▶ [DESCRIPTION OF THE TASK]: Nothing other than the lines from the one containing "stored = find-assign_self" through the last line of the data below should be output, each reproduced exactly.

▶ [TASK INPUT]:
==============================
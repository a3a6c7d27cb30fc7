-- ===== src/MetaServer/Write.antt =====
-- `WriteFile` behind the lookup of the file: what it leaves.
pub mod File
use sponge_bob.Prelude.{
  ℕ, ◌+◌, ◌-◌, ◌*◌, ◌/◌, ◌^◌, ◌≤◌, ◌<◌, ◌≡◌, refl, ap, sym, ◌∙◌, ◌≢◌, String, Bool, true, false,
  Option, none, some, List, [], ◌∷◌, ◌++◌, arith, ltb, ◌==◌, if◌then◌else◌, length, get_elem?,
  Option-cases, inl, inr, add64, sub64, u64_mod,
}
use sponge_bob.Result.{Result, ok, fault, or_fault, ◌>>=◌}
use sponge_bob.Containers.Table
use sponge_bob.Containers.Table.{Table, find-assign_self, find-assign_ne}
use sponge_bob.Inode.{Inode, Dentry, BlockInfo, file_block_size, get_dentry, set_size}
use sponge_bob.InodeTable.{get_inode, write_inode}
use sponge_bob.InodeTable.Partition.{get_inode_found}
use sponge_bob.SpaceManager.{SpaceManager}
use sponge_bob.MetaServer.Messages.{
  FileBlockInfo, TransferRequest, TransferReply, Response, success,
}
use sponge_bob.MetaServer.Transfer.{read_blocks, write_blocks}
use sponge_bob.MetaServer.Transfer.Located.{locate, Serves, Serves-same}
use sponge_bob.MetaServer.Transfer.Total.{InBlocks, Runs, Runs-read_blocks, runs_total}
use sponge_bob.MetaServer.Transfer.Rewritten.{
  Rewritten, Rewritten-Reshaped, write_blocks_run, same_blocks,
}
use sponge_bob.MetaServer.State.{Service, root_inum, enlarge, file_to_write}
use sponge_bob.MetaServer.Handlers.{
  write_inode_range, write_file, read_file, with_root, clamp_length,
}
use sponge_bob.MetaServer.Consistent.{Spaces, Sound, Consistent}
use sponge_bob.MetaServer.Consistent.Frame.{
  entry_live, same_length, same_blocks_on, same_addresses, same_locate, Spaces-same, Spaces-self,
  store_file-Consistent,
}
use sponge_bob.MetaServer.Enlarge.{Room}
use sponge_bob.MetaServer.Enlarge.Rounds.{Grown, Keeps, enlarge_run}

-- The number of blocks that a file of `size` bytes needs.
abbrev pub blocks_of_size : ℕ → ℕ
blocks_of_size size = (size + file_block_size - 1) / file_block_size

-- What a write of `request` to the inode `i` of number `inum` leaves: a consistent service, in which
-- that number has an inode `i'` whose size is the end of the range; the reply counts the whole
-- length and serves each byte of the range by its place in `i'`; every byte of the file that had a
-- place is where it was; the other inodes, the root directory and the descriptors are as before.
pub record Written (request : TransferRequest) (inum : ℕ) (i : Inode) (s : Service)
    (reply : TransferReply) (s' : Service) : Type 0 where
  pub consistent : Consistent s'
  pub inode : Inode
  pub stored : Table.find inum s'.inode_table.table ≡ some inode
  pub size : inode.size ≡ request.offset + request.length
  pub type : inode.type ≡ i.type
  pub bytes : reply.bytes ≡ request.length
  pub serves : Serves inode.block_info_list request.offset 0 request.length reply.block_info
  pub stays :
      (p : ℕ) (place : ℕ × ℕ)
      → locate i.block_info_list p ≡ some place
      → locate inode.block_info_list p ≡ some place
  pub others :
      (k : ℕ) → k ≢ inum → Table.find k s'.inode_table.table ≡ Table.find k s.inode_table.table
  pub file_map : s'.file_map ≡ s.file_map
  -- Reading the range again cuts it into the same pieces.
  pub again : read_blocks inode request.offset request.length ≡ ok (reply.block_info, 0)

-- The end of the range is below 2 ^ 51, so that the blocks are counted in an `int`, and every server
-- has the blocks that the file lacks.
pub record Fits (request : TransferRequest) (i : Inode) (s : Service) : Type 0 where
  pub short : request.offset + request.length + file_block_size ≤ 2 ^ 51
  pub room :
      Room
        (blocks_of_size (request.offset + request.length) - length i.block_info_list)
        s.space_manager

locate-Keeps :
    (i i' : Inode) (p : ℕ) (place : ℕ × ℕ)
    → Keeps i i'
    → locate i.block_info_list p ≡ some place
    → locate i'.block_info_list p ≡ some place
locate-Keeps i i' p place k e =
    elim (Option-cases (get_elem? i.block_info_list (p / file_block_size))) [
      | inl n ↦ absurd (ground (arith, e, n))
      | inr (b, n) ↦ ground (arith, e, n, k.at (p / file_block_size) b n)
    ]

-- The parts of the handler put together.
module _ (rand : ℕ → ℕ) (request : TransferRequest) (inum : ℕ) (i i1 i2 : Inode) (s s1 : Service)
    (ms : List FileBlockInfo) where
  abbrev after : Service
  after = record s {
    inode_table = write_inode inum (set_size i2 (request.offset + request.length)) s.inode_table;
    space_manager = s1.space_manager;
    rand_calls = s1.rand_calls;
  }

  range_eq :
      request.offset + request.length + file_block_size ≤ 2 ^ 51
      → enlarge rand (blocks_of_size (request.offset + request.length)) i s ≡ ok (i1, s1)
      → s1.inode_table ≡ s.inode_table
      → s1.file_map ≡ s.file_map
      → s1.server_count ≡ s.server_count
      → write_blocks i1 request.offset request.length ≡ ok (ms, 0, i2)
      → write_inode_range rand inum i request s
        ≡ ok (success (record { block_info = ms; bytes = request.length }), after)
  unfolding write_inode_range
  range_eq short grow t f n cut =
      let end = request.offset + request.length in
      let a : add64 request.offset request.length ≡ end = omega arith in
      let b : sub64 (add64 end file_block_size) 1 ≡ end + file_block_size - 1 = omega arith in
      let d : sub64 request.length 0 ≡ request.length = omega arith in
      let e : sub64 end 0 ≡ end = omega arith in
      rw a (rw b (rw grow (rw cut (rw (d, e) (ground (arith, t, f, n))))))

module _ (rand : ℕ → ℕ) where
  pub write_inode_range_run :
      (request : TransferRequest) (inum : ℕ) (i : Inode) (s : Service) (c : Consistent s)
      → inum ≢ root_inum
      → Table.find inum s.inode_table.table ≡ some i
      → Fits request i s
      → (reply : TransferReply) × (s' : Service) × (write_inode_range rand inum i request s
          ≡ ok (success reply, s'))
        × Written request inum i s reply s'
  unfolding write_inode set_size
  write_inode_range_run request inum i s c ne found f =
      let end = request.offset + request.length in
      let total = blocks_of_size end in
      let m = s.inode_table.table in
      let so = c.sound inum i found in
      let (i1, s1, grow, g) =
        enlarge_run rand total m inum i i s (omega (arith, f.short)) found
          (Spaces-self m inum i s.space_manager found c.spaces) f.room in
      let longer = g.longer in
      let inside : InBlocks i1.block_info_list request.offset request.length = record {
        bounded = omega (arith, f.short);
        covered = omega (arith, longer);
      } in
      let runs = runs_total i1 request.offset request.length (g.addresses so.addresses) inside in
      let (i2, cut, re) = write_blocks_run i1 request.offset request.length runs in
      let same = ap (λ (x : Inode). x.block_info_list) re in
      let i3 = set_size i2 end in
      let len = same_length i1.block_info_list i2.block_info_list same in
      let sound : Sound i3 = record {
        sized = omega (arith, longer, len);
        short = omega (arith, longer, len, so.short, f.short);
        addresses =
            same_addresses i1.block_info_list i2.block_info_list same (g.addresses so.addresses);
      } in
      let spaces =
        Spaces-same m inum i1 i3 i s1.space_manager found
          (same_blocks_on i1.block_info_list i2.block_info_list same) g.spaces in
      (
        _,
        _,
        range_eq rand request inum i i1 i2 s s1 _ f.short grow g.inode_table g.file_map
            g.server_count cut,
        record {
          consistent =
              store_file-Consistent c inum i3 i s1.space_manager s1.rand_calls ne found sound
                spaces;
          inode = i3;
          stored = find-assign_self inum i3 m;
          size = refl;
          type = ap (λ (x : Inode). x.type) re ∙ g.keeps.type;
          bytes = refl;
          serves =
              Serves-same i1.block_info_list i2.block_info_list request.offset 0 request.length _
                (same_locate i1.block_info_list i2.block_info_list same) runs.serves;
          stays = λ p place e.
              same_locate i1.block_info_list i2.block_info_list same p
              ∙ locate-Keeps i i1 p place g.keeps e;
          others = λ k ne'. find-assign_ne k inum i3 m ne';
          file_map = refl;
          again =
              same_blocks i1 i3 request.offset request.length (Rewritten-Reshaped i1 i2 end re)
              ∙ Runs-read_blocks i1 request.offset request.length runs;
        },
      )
==============================
▶ [WRITTEN ANSWER]:
          stored = find-assign_self inum i3 m;
          size = refl;
          type = ap (λ (x : Inode). x.type) re ∙ g.keeps.type;
          bytes = refl;
          serves =
              Serves-same i1.block_info_list i2.block_info_list request.offset 0 request.length _
                (same_locate i1.block_info_list i2.block_info_list same) runs.serves;
          stays = λ p place e.
              same_locate i1.block_info_list i2.block_info_list same p
              ∙ locate-Keeps i i1 p place g.keeps e;
          others = λ k ne'. find-assign_ne k inum i3 m ne';
          file_map = refl;
          again =
              same_blocks i1 i3 request.offset request.length (Rewritten-Reshaped i1 i2 end re)
              ∙ Runs-read_blocks i1 request.offset request.length runs;
        },
      )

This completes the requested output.